TASK DIRECTIONS =
Which lines in the entries below contain the string "Call"? Show each of them in full.

SOURCE MATERIAL =
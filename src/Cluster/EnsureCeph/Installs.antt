-- ===== src/Cluster/EnsureCeph/Installs.antt =====
-- pkg/cluster/rook_ceph.go and pkg/helm/manager.go: when the chart of the CephCluster is installed.
use ekco.Prelude.{String, ◌≡◌, refl, sym, ap, ◌∙◌, ◌⊎◌, inl, inr, true, arith, ◌==◌, Bool-cases}
use ekco.Errors.{Result, ok, err}
use ekco.Kube.{
  Fields, bind-inv, wrap-inv, CephCluster, Call, Trace, Action, lift, attempt, wrap, send, ◌>>=◌,
  ◌>>◌, expect, Env,
}
use ekco.Cluster.Config.{ControllerConfig}
use ekco.Cluster.Daemons.{get_ceph_cluster}
use ekco.Cluster.EnsureCeph.Values.{HasImage, with_ceph_image-HasImage}
use ekco.Helm.{new_helm_manager, install_chart_archive}
use ekco.Cluster.EnsureCeph.Releases.{
  installs, KeepsInstalls, latest_chart-installs, new_helm_manager-installs, InstalledOnce,
  install_chart_archive-once, InstalledOnce-later,
}
use ekco.Cluster.EnsureCeph.Charts.{Opened, find_chart, find_chart-Opened}
use ekco.Cluster.EnsureCeph.{
  with_ceph_image, ensure_ceph_cluster_helm, ensure_ceph_cluster, unless_missing, unless_existing,
}

-- The values are left as they are without an image, and hold it otherwise.
abbrev pub ImageIn : String → Fields → Fields → Type 0
ImageIn image values changed =
    ((image == "") ≡ true) × (changed ≡ values) ⊎ HasImage image values changed

with_ceph_image-ImageIn :
    (image : String) (values changed : Fields)
    → with_ceph_image image values ≡ ok changed
    → ImageIn image values changed
unfolding with_ceph_image
with_ceph_image-ImageIn image values changed worked = elim (Bool-cases (image == "")) [
  | inl unset ↦ inl (unset, grind (arith, unset, worked))
  | inr set ↦ inr (with_ceph_image-HasImage image values changed set worked)
]

module _ (cfg : ControllerConfig) where
  -- The chart that was opened is installed, with the values that were read, changed for the image of the
  -- settings.
  abbrev pub Installed : Env → Trace → Trace → Type 0
  Installed env t u =
      (file : String) × (content : String) × (values : Fields) × (changed : Fields) × Opened env
        file content
      × ((v : Trace) × (env.answer Call.chart_values v ≡ ok values))
      × ImageIn cfg.rook_ceph_image values changed
      × InstalledOnce env content changed t u

  -- The steps of `ensureCephClusterHelm`, from its end.
  abbrev apply_chart : String → Fields → Action (Unit {0})
  apply_chart archive changed =
      wrap "unable to apply chart" (install_chart_archive archive changed "" "rook-ceph")

  abbrev with_values : String → Fields → Action (Unit {0})
  with_values archive values =
      lift (with_ceph_image cfg.rook_ceph_image values) >>= apply_chart archive

  abbrev read_values : Action Fields
  read_values = expect "failed to get rook-ceph chart values" (send Call.chart_values)

  abbrev init_manager : Action (Unit {0})
  init_manager = wrap "failed to initialize Helm Manager" (new_helm_manager "rook-ceph")

  with_values-Installed :
      (archive : String) (values : Fields) (env : Env) (t u : Trace)
      → with_values archive values env t ≡ (ok tt, u)
      → (changed : Fields) × ImageIn cfg.rook_ceph_image values changed
        × InstalledOnce env archive changed t u
  with_values-Installed archive values env t u worked =
      let (changed, made, last) =
        bind-inv (lift (with_ceph_image cfg.rook_ceph_image values)) (apply_chart archive) env t u
          tt worked in
      (
        changed,
        with_ceph_image-ImageIn cfg.rook_ceph_image values changed (ap (λ r. r.0) made),
        install_chart_archive-once archive "rook-ceph" changed env t u (
            wrap-inv "unable to apply chart" (install_chart_archive archive changed "" "rook-ceph")
              env t u tt last),
      )

  read_values-installs : KeepsInstalls read_values
  read_values-installs env t = ground arith

  read_values-answer :
      (r : Result Fields) (values : Fields) (env : Env) (t u : Trace)
      → env.answer Call.chart_values t ≡ r
      → read_values env t ≡ (ok values, u)
      → env.answer Call.chart_values t ≡ ok values
  read_values-answer (ok read) values env t u given worked = grind (arith, given, worked)
  read_values-answer (err e) values env t u given worked = grind (arith, given, worked)

  helm-Installed :
      (env : Env) (t u : Trace)
      → ensure_ceph_cluster_helm cfg env t ≡ (ok tt, u)
      → Installed env t u
  unfolding ensure_ceph_cluster_helm
  helm-Installed env t u worked =
      let t₁ = (find_chart env t).1 in
      let t₂ = (init_manager env t₁).1 in
      let t₃ = (read_values env t₂).1 in
      let ((archive, file), first, next) =
        bind-inv find_chart (λ p. init_manager >> (read_values >>= with_values p.0)) env t u tt
          worked in
      let (_, second, more) =
        bind-inv init_manager (λ _. read_values >>= with_values archive) env t₁ u tt next in
      let (values, third, last) = bind-inv read_values (with_values archive) env t₂ u tt more in
      let (changed, made, once) = with_values-Installed archive values env t₃ u last in
      (
        file,
        archive,
        values,
        changed,
        find_chart-Opened (env.answer Call.chart_files t) archive file env t t₁ refl first,
        (t₂, read_values-answer (env.answer Call.chart_values t₂) values env t₂ t₃ refl third),
        made,
        InstalledOnce-later env archive changed t₃ t u
            (read_values-installs env t₂
              ∙ new_helm_manager-installs "rook-ceph" env t₁
              ∙ latest_chart-installs "rook-ceph-cluster" env t)
            once,
      )

  abbrev make_user : Action (Unit {0})
  make_user = do
    created ← send (Call.create_object_store_user "kurl" "rook-ceph-store")
    unless_existing created

  make_user-installs : KeepsInstalls make_user
  make_user-installs env t = ground arith

  unless_missing-installs : (found : Result CephCluster) → KeepsInstalls (unless_missing found)
  unless_missing-installs found env t = ground arith

  -- If `EnsureCephCluster` works, then the first of the chart files, in their order, was opened and loaded,
  -- the values of the chart were read, and a release of the chart's name was installed, without an error, with
  -- these values and the image of the settings in them; unless such a release was deployed already. Nothing
  -- else was installed.
  pub ensure_ceph_cluster-Installed :
      (env : Env) (t u : Trace) → ensure_ceph_cluster cfg env t ≡ (ok tt, u) → Installed env t u
  unfolding ensure_ceph_cluster
  ensure_ceph_cluster-Installed env t u worked =
      let t₁ = (attempt get_ceph_cluster env t).1 in
      let (found, first, next) =
        bind-inv (attempt get_ceph_cluster)
          (λ r. unless_missing r >> (ensure_ceph_cluster_helm cfg >> make_user)) env t u tt
          worked in
      let t₂ = (unless_missing found env t₁).1 in
      let (_, second, more) =
        bind-inv (unless_missing found) (λ _. ensure_ceph_cluster_helm cfg >> make_user) env t₁ u tt
          next in
      let (_, third, last) =
        bind-inv (ensure_ceph_cluster_helm cfg) (λ _. make_user) env t₂ u tt more in
      let t₃ = (ensure_ceph_cluster_helm cfg env t₂).1 in
      let (file, content, values, changed, opened, read, made, once) =
        helm-Installed env t₂ t₃ third in
      let (chart, releases, v, loaded, listed, all) =
        InstalledOnce-later env content changed t₂ t t₃ (unless_missing-installs found env t₁)
          once in
      (
        file,
        content,
        values,
        changed,
        opened,
        read,
        made,
        (
          chart,
          releases,
          v,
          loaded,
          listed,
          ap (λ p. installs env p.1) (sym last) ∙ make_user-installs env t₃ ∙ all,
        ),
      )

REPLY TO THE TASK =
  Fields, bind-inv, wrap-inv, CephCluster, Call, Trace, Action, lift, attempt, wrap, send, ◌>>=◌,
      × ((v : Trace) × (env.answer Call.chart_values v ≡ ok values))
  read_values = expect "failed to get rook-ceph chart values" (send Call.chart_values)
      → env.answer Call.chart_values t ≡ r
      → env.answer Call.chart_values t ≡ ok values
        find_chart-Opened (env.answer Call.chart_files t) archive file env t t₁ refl first,
        (t₂, read_values-answer (env.answer Call.chart_values t₂) values env t₂ t₃ refl third),
    created ← send (Call.create_object_store_user "kurl" "rook-ceph-store")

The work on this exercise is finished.